[HN Gopher] OpenTelemetry for Go: Measuring overhead costs
       ___________________________________________________________________
        
       OpenTelemetry for Go: Measuring overhead costs
        
       Author : openWrangler
       Score  : 80 points
       Date   : 2025-06-16 15:09 UTC (7 hours ago)
        
 (HTM) web link (coroot.com)
 (TXT) w3m dump (coroot.com)
        
       | dmoy wrote:
       | Not on original topic, but:
       | 
       | I definitely prefer having graphs put the unit at least on the
       | axis, if not in the individual axis labels directly.
       | 
       | I.e. instead of having a graph titled "latency, seconds" at the
       | top and then way over on the left have an unlabeled axis with
       | "5m, 10m, 15m, 20m" ticks...
       | 
       | I'd rather have title "latency" and either "seconds" on the left,
       | or, given the confusion between "5m = 5 minutes" or "5m = 5
       | milli[seconds]", just have it explicitly labeled on each tick:
       | 5ms, 10ms, ...
       | 
       | Way, way less likely to confuse someone when the units are right
       | on the number, instead of floating way over in a different
       | section of the graph
        
       | Thaxll wrote:
       | Logging, metrics and traces are not free, especially if you turn
       | them on at every requests.
       | 
       | Tracing every http 200 at 10k req/sec is not something you should
       | be doing, at that rate you should sample 200 ( 1% or so ) and
       | trace all the errors.
        
         | anonzzzies wrote:
         | A very small % of startups gets anywhere near that traffic so
         | why give them angst? Most people can just do this without any
         | issues and learn from it and a tiny fraction shouldn't.
        
           | williamdclt wrote:
           | 10k/s across multiple services is reached quickly even at
           | startup scale.
           | 
           | In my previous company (startup), we'd use Otel everywhere
           | and we definitely needed sampling for cost reasons (1/30
           | iirc). And that was using a much cheaper provider than
           | Datadog
        
           | cogman10 wrote:
           | Having high req/s isn't as big a negative as it once was.
           | Especially if you are using http2 or http3.
           | 
           | Designing APIs which cause a high number of requests and spit
           | out a low amount of data can be quite legitimate. It allows
           | for better scaling and capacity planning vs having single
           | calls that take a large amount of time and return large
           | amounts of data.
           | 
           | In the old http1 days, it was a bad thing because a single
           | connection could only service 1 request at a time. Getting
           | any sort of concurrency or high request rates require many
           | connections (which had a large amount of overhead due to the
           | way tcp functions).
           | 
           | We've moved past that.
        
         | orochimaaru wrote:
         | Metrics are usually minimal overheard. Traces need to be
         | sampled. Logs need to be sampled at error/critical levels. You
         | also need to be able to dynamically change sampling and log
         | levels.
         | 
         | 100% traces are a mess. I didn't see where he setup sampling.
        
           | phillipcarter wrote:
           | The post didn't cover sampling, which indeed, significantly
           | reduces overhead in OTel because the spans that aren't
           | sampled aren't ever created, when you head sample at the SDK
           | level. This is more of a concern when doing tail-based
           | sampling only, wherein you will want to trace each request
           | and offload to a sidecar so that export concerns are handled
           | outside your app. And then it routes to a sampler elsewhere
           | in your infrastructure.
           | 
           | FWIW at my former employer we had some fairly loose
           | guidelines for folks around sampling:
           | https://docs.honeycomb.io/manage-data-
           | volume/sample/guidelin...
           | 
           | There's outliers, but the general idea is that there's also a
           | high cost to implementing sampling (especially for nontrivial
           | stuff), and if your volume isn't terribly high then you'll
           | probably eat a lot more in time than paying for the extra
           | data you may not necessarily need.
        
         | jhoechtl wrote:
         | I am relatively new to the topic. In the sample code of the OP
         | there is no logging right?
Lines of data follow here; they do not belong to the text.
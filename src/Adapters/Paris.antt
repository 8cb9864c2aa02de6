-- ===== src/Adapters/Paris.antt =====
-- src/adapters/paris.py. The HTTP client is made and closed around a request; only its base URL and
-- headers matter here.
use retail_order_sync_hub.Base.{
  ℕ, String, Bool, ◌&&◌, Option, none, some, [], ◌∷◌, cat, decimal, leb, ltb, if◌then◌else◌,
}
use retail_order_sync_hub.Access.{index}
use retail_order_sync_hub.Json.{Value, null, str, arr, items, dict}
use retail_order_sync_hub.Config.{Settings}
use retail_order_sync_hub.Services.{Runtime, outside}
use retail_order_sync_hub.World.{World}
use retail_order_sync_hub.Exec.{
  adapter_error, validation_error, Result, ok, err, bind_result, Exec, pure, raise, lift, ◌>>=◌,
}
use retail_order_sync_hub.Adapters.Dto.{OrderDto, PushResult, Adapter, dump_items}
use retail_order_sync_hub.Adapters.Http.{
  HttpResponse, HttpRequest, Http, Seconds, request_with_retry,
}

-- A field of `PushResult`, which Pydantic reads as a text.
abbrev pub text_field : Runtime → Value → Option String → Result String
text_field rt v none = err (validation_error (rt.validation_text v))
text_field rt v (some s) = ok s

abbrev pub push_result : Runtime → Value → Value → Result PushResult
push_result rt id status = bind_result (text_field rt id (rt.str_field id)) λ i.
    bind_result (text_field rt status (rt.str_field status))
      λ s. ok (record { marketplace_order_id = i; status = s })

-- The answer of `POST /orders`.
unfoldable pub paris_result : Runtime → Value → Result PushResult
paris_result rt body =
    bind_result (index body "id")
      λ id. bind_result (index body "status") λ status. push_result rt id status

unfoldable pub paris_payload : OrderDto → Value
paris_payload order = dict (
    ("buyer", str order.buyer)
    ∷ ("items", arr (items (dump_items order.items)))
    ∷ ("external_ref", str order.external_ref)
    ∷ [])

-- 400 <= status_code < 500
abbrev pub is_permanent : ℕ → Bool
is_permanent status_code = leb 400 status_code && ltb status_code 500

-- A response whose status is 400 or more becomes an `AdapterError` with that text before its status.
abbrev pub check_status : {E : Type 0} → String → HttpResponse → Exec E HttpResponse
check_status text resp =
    if leb 400 resp.status_code
    then raise
        (adapter_error (cat (text ∷ decimal resp.status_code ∷ [])) (is_permanent resp.status_code))
    else pure resp

module _ {E : Type 0} (rt : Runtime) (http : Http E) (seconds : Seconds) (settings : Settings) where
  abbrev pub paris_http_request : String → String → Value → HttpRequest
  paris_http_request method path content = record {
    method = method;
    url = cat (settings.paris_base_url ∷ path ∷ []);
    headers = ("X-API-Key", settings.paris_api_key) ∷ [];
    content = content;
  }

  -- `_request`
  unfoldable pub paris_request : String → String → Value → Exec E HttpResponse
  paris_request method path content =
      request_with_retry http seconds settings.adapter_max_attempts
        (paris_http_request method path content)
      >>= check_status (cat ("paris " ∷ method ∷ " " ∷ path ∷ " -> " ∷ []))

  unfoldable pub paris_push : OrderDto → Exec E PushResult
  unfolding paris_request
  paris_push order = do
    resp ← paris_request "POST" "/orders" (paris_payload order)
    body ← lift resp.json
    lift (paris_result rt body)

  unfoldable pub paris_order_status : String → Exec E Value
  paris_order_status marketplace_order_id = do
    resp ← paris_request "GET" (cat ("/orders/" ∷ marketplace_order_id ∷ [])) null
    body ← lift resp.json
    lift (index body "status")

  unfoldable pub paris_push_order : OrderDto → Exec (World E) PushResult
  unfolding outside
  paris_push_order order = outside (paris_push order)

  abbrev pub paris_adapter : Adapter E
  paris_adapter = record { name = "paris"; push_order = paris_push_order }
It's metrics and traces but no
         | logging.
         | 
         | How is logging in OTel?
        
           | shanemhansen wrote:
           | To me traces (or maybe more specifically spans) are
           | essentially a structured log with a unique ID and a reference
           | to a parent ID.
           | 
           | Very open to have someone explain why I'm wrong or why they
           | should be handled separately.
        
             | kiitos wrote:
             | Traces have a very specific data model, and corresponding
             | limitations, which don't really accommodate log
             | events/messages of arbitrary size. The access model for
             | traces is also fundamentally different vs. that of logs.
        
               | phillipcarter wrote:
               | There are practical limitations mostly with backend
               | analysis tools. OTel does not define a limit on how large
               | a span is. It's quite common in LLM Observability to
               | capture full prompts and LLM responses as attributes on
               | spans, for example.
        
           | phillipcarter wrote:
           | Logging in OTel is logging with your logging framework of
           | choice. The SDK just requires you initialize the wrapper and
           | it'll then wrap your existing logging calls and correlate
           | term with a trace/span in active context, if it exists. There
           | is no separate logging API to learn. Logs are exported in a
           | separate pipeline from traces and metrics.
           | 
           | Implementation for many languages are starting to mature,
           | too.
        
         | kubectl_h wrote:
         | You have to do the tracing anyway if you are going to sample
         | based on criteria that isn't available at the beginning of the
         | trace (like an error that occurs later in the request) and tail
         | sample. You can head sample of course, but that's going to be
         | the most coarse sampling you can do and you can't sample based
         | on anything but the initial conditions of the trace.
         | 
         | What we have started doing is still tracing every unit of work,
         | but deciding at the root span the level of instrumentation
         | fidelity we want for the trace based on the initial conditions.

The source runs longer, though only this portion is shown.